WORK REQUIRED ▸
Beginning with the line below that contains "(max : ℕ) (id" and ending with the line that contains "(lookup-insert id k e q);", copy every line exactly. Copy nothing else.

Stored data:
________________________

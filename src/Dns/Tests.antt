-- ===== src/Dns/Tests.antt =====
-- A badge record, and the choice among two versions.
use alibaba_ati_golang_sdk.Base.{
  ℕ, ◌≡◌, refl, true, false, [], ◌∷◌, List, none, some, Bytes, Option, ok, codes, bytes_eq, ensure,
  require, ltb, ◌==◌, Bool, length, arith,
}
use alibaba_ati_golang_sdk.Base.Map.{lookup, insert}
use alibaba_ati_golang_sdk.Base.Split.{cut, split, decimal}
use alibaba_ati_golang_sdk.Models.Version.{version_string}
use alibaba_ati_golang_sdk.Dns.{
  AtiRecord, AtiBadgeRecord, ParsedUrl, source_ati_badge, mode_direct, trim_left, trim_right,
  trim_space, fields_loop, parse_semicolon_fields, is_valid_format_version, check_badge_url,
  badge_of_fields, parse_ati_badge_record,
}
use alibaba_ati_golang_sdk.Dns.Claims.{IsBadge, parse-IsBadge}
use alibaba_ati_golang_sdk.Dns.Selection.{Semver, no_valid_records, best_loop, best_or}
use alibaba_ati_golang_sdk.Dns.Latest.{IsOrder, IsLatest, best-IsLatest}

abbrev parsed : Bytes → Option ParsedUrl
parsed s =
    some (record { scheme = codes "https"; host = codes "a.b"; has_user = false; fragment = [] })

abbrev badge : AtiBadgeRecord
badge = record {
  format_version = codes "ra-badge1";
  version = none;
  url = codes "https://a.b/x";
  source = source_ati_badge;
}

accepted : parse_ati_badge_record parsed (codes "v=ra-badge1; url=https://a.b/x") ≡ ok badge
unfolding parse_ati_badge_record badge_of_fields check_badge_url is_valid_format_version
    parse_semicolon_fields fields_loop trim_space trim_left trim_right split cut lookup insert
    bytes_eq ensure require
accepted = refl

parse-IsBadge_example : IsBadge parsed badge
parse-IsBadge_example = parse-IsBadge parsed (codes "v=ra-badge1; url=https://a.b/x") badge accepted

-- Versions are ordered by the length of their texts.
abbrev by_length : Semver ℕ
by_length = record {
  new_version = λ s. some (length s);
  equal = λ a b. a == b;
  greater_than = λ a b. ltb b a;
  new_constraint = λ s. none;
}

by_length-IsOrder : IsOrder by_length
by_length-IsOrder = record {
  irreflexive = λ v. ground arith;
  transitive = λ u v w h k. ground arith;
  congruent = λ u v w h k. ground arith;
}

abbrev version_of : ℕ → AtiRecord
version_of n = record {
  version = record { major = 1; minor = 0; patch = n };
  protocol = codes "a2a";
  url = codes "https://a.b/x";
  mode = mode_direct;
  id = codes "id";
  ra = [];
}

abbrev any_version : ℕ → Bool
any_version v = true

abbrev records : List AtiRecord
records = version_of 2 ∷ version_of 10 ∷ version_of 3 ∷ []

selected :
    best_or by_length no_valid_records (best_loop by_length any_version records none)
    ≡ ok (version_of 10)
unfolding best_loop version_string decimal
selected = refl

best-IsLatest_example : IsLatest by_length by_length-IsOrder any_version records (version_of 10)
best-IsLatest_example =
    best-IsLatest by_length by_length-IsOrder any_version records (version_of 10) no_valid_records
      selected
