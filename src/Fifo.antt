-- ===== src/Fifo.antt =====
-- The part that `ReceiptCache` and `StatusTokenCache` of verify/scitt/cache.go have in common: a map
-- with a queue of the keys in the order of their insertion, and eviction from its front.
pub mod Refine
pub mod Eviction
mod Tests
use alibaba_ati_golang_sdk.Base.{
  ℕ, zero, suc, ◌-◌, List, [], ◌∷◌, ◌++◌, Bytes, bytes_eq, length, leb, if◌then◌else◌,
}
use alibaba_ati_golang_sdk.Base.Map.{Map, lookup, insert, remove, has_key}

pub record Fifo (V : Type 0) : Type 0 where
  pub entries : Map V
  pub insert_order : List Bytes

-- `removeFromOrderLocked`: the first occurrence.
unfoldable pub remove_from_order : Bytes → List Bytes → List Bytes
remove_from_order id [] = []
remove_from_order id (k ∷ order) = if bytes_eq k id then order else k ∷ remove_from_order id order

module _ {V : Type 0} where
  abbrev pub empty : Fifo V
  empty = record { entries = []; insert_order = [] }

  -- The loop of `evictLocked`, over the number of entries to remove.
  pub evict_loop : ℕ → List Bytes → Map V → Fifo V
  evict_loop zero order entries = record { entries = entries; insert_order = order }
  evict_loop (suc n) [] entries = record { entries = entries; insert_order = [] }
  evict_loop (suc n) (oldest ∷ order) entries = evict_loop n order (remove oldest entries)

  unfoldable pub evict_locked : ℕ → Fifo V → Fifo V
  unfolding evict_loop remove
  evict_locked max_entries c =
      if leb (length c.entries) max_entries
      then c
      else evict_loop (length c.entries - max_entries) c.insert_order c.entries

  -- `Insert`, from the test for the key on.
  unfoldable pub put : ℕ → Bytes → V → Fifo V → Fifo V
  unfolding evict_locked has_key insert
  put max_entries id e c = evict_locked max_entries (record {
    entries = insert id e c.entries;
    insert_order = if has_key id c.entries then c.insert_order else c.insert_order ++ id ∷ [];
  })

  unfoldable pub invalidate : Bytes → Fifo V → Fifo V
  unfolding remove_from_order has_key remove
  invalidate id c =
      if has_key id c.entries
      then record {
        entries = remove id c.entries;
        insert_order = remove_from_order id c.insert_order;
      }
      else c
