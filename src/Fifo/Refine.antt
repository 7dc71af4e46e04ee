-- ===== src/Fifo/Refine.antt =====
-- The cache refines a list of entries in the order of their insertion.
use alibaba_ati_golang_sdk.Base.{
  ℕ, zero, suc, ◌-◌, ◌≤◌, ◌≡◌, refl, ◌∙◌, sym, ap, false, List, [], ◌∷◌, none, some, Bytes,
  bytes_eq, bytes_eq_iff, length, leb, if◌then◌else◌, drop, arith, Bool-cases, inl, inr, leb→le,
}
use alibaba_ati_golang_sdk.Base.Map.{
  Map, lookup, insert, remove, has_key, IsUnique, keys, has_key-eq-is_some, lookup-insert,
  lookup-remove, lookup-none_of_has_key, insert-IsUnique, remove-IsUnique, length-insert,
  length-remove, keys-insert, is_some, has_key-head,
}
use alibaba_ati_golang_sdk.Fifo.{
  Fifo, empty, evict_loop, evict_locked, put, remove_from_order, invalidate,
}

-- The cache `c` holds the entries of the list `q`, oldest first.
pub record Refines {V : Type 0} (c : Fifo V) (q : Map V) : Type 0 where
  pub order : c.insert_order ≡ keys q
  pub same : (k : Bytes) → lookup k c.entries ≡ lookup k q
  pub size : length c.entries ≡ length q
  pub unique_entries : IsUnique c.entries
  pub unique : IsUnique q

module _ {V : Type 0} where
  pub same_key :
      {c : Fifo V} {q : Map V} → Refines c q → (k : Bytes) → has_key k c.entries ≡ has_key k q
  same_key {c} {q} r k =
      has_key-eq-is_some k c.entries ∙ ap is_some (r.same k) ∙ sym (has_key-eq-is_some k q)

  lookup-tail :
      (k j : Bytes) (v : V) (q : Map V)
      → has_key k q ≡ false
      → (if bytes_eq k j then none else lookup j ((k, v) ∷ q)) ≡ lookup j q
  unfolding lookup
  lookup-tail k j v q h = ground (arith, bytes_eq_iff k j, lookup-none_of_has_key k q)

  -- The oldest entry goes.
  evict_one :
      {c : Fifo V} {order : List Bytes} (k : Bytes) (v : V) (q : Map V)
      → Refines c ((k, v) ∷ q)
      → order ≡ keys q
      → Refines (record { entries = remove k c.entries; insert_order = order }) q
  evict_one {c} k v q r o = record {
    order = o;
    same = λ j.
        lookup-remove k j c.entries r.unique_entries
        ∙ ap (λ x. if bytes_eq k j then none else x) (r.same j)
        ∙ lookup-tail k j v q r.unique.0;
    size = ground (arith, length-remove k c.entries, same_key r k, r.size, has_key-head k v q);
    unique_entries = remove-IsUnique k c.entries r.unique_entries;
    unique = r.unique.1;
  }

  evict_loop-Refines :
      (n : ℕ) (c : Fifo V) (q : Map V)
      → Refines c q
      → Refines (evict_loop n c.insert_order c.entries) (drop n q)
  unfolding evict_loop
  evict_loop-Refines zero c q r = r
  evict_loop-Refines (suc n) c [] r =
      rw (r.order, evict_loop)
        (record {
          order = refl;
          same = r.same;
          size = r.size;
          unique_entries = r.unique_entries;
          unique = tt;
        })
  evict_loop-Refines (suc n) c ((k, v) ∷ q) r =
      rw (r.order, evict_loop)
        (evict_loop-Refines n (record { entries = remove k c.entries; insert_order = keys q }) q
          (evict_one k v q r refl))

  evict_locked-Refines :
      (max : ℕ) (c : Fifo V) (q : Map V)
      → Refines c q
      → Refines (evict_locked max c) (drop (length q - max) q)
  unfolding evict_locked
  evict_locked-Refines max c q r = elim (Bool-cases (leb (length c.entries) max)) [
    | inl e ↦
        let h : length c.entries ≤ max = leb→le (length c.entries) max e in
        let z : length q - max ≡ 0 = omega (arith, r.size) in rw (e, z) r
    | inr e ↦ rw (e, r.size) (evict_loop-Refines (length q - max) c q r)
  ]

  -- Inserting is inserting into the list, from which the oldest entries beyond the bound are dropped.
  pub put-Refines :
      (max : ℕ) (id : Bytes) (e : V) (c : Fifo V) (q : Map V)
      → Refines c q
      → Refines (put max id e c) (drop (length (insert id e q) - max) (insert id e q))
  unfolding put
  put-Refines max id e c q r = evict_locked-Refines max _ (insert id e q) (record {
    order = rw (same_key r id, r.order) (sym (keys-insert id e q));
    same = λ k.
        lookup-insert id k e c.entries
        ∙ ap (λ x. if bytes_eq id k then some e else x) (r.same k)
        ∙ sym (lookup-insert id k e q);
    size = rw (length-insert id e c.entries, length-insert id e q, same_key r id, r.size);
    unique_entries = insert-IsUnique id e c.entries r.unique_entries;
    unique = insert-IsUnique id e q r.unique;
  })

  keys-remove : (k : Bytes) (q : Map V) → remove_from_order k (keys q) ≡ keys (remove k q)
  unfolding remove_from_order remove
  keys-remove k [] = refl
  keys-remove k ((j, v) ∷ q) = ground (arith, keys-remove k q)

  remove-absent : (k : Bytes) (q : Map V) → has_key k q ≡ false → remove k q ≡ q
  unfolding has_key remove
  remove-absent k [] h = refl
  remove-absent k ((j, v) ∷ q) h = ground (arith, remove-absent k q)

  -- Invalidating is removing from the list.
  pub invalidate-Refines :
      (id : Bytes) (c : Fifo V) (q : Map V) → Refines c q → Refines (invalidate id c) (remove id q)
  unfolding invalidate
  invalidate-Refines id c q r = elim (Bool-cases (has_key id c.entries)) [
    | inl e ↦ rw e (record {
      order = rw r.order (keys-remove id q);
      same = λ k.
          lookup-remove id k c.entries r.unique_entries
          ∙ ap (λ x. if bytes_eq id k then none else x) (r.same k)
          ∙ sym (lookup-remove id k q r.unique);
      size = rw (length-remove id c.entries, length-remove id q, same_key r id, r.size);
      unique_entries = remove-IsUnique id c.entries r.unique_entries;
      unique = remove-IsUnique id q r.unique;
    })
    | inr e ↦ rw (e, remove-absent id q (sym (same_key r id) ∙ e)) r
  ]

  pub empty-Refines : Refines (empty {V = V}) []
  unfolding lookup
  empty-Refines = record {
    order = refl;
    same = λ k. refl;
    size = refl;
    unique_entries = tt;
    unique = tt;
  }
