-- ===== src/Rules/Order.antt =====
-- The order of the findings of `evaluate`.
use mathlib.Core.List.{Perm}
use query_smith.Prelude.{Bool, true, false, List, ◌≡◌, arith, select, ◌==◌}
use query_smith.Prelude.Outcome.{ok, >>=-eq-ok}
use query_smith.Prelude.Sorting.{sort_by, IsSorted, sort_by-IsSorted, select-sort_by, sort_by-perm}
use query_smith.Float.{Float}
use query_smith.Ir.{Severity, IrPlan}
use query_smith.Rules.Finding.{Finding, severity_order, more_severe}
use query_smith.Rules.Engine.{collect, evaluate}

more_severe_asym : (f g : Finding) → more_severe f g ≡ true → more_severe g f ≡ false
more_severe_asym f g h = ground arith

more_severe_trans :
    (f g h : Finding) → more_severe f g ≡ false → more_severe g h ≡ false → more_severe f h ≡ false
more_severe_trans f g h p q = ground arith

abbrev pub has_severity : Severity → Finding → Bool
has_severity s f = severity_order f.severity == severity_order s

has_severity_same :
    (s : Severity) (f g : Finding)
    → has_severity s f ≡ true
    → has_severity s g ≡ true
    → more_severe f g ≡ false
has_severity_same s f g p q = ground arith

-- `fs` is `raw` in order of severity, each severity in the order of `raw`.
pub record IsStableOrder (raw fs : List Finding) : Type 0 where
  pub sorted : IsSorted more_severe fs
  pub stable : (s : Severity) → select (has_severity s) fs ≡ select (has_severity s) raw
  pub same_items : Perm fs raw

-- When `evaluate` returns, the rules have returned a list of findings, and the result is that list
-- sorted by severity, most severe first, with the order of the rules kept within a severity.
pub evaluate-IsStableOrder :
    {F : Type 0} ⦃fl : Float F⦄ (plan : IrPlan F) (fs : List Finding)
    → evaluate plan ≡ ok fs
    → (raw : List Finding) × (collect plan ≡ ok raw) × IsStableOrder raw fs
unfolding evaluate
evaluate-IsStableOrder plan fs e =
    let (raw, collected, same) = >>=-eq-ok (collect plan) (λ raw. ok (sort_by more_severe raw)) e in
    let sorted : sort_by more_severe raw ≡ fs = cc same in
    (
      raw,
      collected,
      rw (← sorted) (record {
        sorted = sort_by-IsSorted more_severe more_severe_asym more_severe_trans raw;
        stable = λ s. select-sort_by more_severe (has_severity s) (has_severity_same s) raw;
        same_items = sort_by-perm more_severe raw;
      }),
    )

________________________

EXERCISE RESPONSE ▸
      (max : ℕ) (id : Bytes) (e : V) (c : Fifo V) (q : Map V)
      → Refines c q
      → Refines (put max id e c) (drop (length (insert id e q) - max) (insert id e q))
  unfolding put
  put-Refines max id e c q r = evict_locked-Refines max _ (insert id e q) (record {
    order = rw (same_key r id, r.order) (sym (keys-insert id e q));
    same = λ k.
        lookup-insert id k e c.entries
        ∙ ap (λ x. if bytes_eq id k then some e else x) (r.same k)
        ∙ sym (lookup-insert id k e q);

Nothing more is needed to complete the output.